Sombre Anniversary with hopes of justice for Maidan victims waning

   

                          For The Ukrainian Quarterly*

It is six years since the last and bloodiest days of Ukraine’s Revolution of Dignity (Euromaidan), with the anniversary coming after major upheavals which could jeopardize the fate of most investigations into Maidan crimes.  The only trial of former Berkut officers charged with gunning down protesters is on the verge of collapse after the five suspects were handed over in the last exchange of prisoners, and the body responsible for all progress in investigations to date has been dissolved.

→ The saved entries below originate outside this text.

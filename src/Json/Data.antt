-- ===== src/Json/Data.antt =====
-- The values, lookup by key, Python's `==` on them, and `json.dumps` with compact separators.
use cloud_portfolio.Prelude.{
  ℕ, zero, suc, ◌+◌, ◌-◌, ◌*◌, ◌/◌, ◌%◌, ◌^◌, Bool, true, false, not, ◌&&◌, Option, none, some, [],
  ◌∷◌, ◌++◌, ltb, leb, ◌==◌, if◌then◌else◌, ℤ, pos, negsuc, Text, codes, text_eq, decimal,
}

-- A float is given by its 64 bits and the text of its `repr`. Keys of a dict are texts.
mutual
  pub data Value : Type 0 where
    null : Value
    bool : Bool → Value
    int : ℤ → Value
    float : ℕ → Text → Value
    str : Text → Value
    arr : Items → Value
    obj : Fields → Value

  pub data Items : Type 0 where
    nil : Items
    cons : Value → Items → Items

  pub data Fields : Type 0 where
    end : Fields
    field : Text → Value → Fields → Fields

-- `d.get(k)`; `none` also stands for `k not in d`.
unfoldable pub get : Text → Fields → Option Value
unfolding text_eq
get k end = none
get k (field j v d) = if text_eq k j then some v else get k d

-- `d[k] = v`
unfoldable pub put : Text → Value → Fields → Fields
unfolding text_eq
put k v end = field k v end
put k v (field j w d) = if text_eq k j then field j v d else field j w (put k v d)

-- `d.pop(k, None)`
unfoldable pub remove : Text → Fields → Fields
unfolding text_eq
remove k end = end
remove k (field j w d) = let rest = remove k d in if text_eq k j then rest else field j w rest

abbrev pub contains : Text → Fields → Bool
contains k d = elim (get k d) [ none ↦ false | some _ ↦ true ]

-- The exponent bits of an IEEE double are not all ones.
unfoldable pub is_finite : ℕ → Bool
is_finite bits = not (bits / 2 ^ 52 % 2 ^ 11 == 2047)

-- The first of the 64 bits.
is_negative_float : ℕ → Bool
is_negative_float bits = leb (2 ^ 63) bits

-- A finite double is `significand * 2 ^ (exponent - 1075)`, with its sign.
significand : ℕ → ℕ
significand bits = if bits / 2 ^ 52 % 2 ^ 11 == 0 then bits % 2 ^ 52 else 2 ^ 52 + bits % 2 ^ 52

exponent : ℕ → ℕ
exponent bits = let e = bits / 2 ^ 52 % 2 ^ 11 in if e == 0 then 1 else e

-- A natural number and the magnitude of a finite double, compared exactly.
magnitude_eq : ℕ → ℕ → Bool
unfolding significand exponent
magnitude_eq n bits =
    if leb 1075 (exponent bits)
    then n == significand bits * 2 ^ (exponent bits - 1075)
    else n * 2 ^ (1075 - exponent bits) == significand bits

int_float_eq : ℤ → ℕ → Bool
unfolding magnitude_eq is_negative_float is_finite
int_float_eq (pos zero) bits = bits % 2 ^ 63 == 0
int_float_eq (pos (suc n)) bits =
    is_finite bits && not (is_negative_float bits) && magnitude_eq (suc n) bits
int_float_eq (negsuc n) bits = is_finite bits && is_negative_float bits && magnitude_eq (suc n) bits

-- NaN differs from all, and the two zeros are equal.
float_eq : ℕ → ℕ → Bool
float_eq a b =
    if a % 2 ^ 63 == 0 then b % 2 ^ 63 == 0 else a == b && leb (a % 2 ^ 63) (2047 * 2 ^ 52)

unfoldable pub int_eq : ℤ → ℤ → Bool
int_eq (pos m) (pos n) = m == n
int_eq (negsuc m) (negsuc n) = m == n
int_eq _ _ = false

abbrev bool_int : Bool → ℤ
bool_int true = pos 1
bool_int false = pos 0

field_count : Fields → ℕ
field_count end = 0
field_count (field k v d) = suc (field_count d)

-- Python's `==`: booleans are integers, and the order of a dict's keys does not count.
unfoldable mutual
  unfolding int_float_eq float_eq int_eq field_count text_eq get

  pub value_eq : Value → Value → Bool
  value_eq null null = true
  value_eq (bool a) (bool b) = int_eq (bool_int a) (bool_int b)
  value_eq (bool a) (int b) = int_eq (bool_int a) b
  value_eq (bool a) (float b r) = int_float_eq (bool_int a) b
  value_eq (int a) (bool b) = int_eq a (bool_int b)
  value_eq (int a) (int b) = int_eq a b
  value_eq (int a) (float b r) = int_float_eq a b
  value_eq (float a r) (bool b) = int_float_eq (bool_int b) a
  value_eq (float a r) (int b) = int_float_eq b a
  value_eq (float a r) (float b r') = float_eq a b
  value_eq (str s) (str t) = text_eq s t
  value_eq (arr xs) (arr ys) = items_eq xs ys
  value_eq (obj d) (obj e) = field_count d == field_count e && fields_in d e
  value_eq _ _ = false

  pub items_eq : Items → Items → Bool
  items_eq nil nil = true
  items_eq (cons x xs) (cons y ys) = value_eq x y && items_eq xs ys
  items_eq _ _ = false

  -- Every key of the first dict has an equal value in the second.
  pub fields_in : Fields → Fields → Bool
  fields_in end e = true
  fields_in (field k v d) e = elim (get k e) [
    | none ↦ false
    | some w ↦ value_eq v w && fields_in d e
  ]

-- `type(a) is type(b)`
unfoldable pub same_type : Value → Value → Bool
same_type null null = true
same_type (bool a) (bool b) = true
same_type (int a) (int b) = true
same_type (float a r) (float b r') = true
same_type (str s) (str t) = true
same_type (arr xs) (arr ys) = true
same_type (obj d) (obj e) = true
same_type _ _ = false

-- A key or string between quotes, with the escapes of `ensure_ascii=False`.
abbrev hex_digit : ℕ → ℕ
hex_digit n = if ltb n 10 then 48 + n else 87 + n

unfoldable pub escape : Text → Text
escape [] = codes "\""
escape (c ∷ s) =
    (if c == 34
      then codes "\\\""
      else if c == 92
      then codes "\\\\"
      else if c == 10
      then codes "\\n"
      else if c == 13
      then codes "\\r"
      else if c == 9
      then codes "\\t"
      else if c == 8
      then codes "\\b"
      else if c == 12
      then codes "\\f"
      else if ltb c 32
      then codes "\\u00" ++ (hex_digit (c / 16) ∷ hex_digit (c % 16) ∷ [])
      else c ∷ [])
    ++ escape s

quoted : Text → Text
unfolding escape
quoted s = codes "\"" ++ escape s

int_text : ℤ → Text
unfolding decimal
int_text (pos n) = decimal n
int_text (negsuc n) = codes "-" ++ decimal (suc n)

-- `json.dumps(v, ensure_ascii=False, separators=(",", ":"))`
unfoldable mutual
  unfolding quoted int_text

  pub dumps : Value → Text
  dumps null = codes "null"
  dumps (bool true) = codes "true"
  dumps (bool false) = codes "false"
  dumps (int n) = int_text n
  dumps (float bits repr) = repr
  dumps (str s) = quoted s
  dumps (arr nil) = codes "[]"
  dumps (arr (cons x xs)) = codes "[" ++ (dumps x ++ dumps_items xs)
  dumps (obj end) = codes "{}"
  dumps (obj (field k v d)) = codes "{" ++ (quoted k ++ (codes ":" ++ (dumps v ++ dumps_fields d)))

  pub dumps_items : Items → Text
  dumps_items nil = codes "]"
  dumps_items (cons x xs) = codes "," ++ (dumps x ++ dumps_items xs)

  pub dumps_fields : Fields → Text
  dumps_fields end = codes "}"
  dumps_fields (field k v d) = codes "," ++ (quoted k ++ (codes ":" ++ (dumps v ++ dumps_fields d)))

-- `len(s.encode("utf-8"))`
unfoldable pub utf8_size : Text → ℕ
utf8_size [] = 0
utf8_size (c ∷ s) =
    (if ltb c 128 then 1 else if ltb c 2048 then 2 else if ltb c 65536 then 3 else 4) + utf8_size s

The blame does not lie with any one particular administration, but is the result of six years of procrastination or even obstruction of the investigations, as well as the lack of political will to properly carry out vital reforms of the judiciary and the enforcement bodies. 

A year ago, the families of slain Maidan activists and their lawyers announced that they were considering the option of seeking justice at the European Court of Human Rights.  Their complaint that the authorities’ commitment to an effective investigation is in words alone has certainly not lost any relevance.

Back in February 2019, a major problem lay in the constant hampering of the work of the Special Investigations Department.  This largely autonomous body, within the Prosecutor General’s Office, was formed in December 2014 under the leadership of Serhiy Horbatyuk.  This was already a major step since, before that, various cases had been allocated to different bodies, with no coordination and, accordingly, no progress. The Department swiftly gained the trust of the families of Maidan victims, their lawyers and civic organizations linked with Maidan and began making significant progress on many of the investigations. 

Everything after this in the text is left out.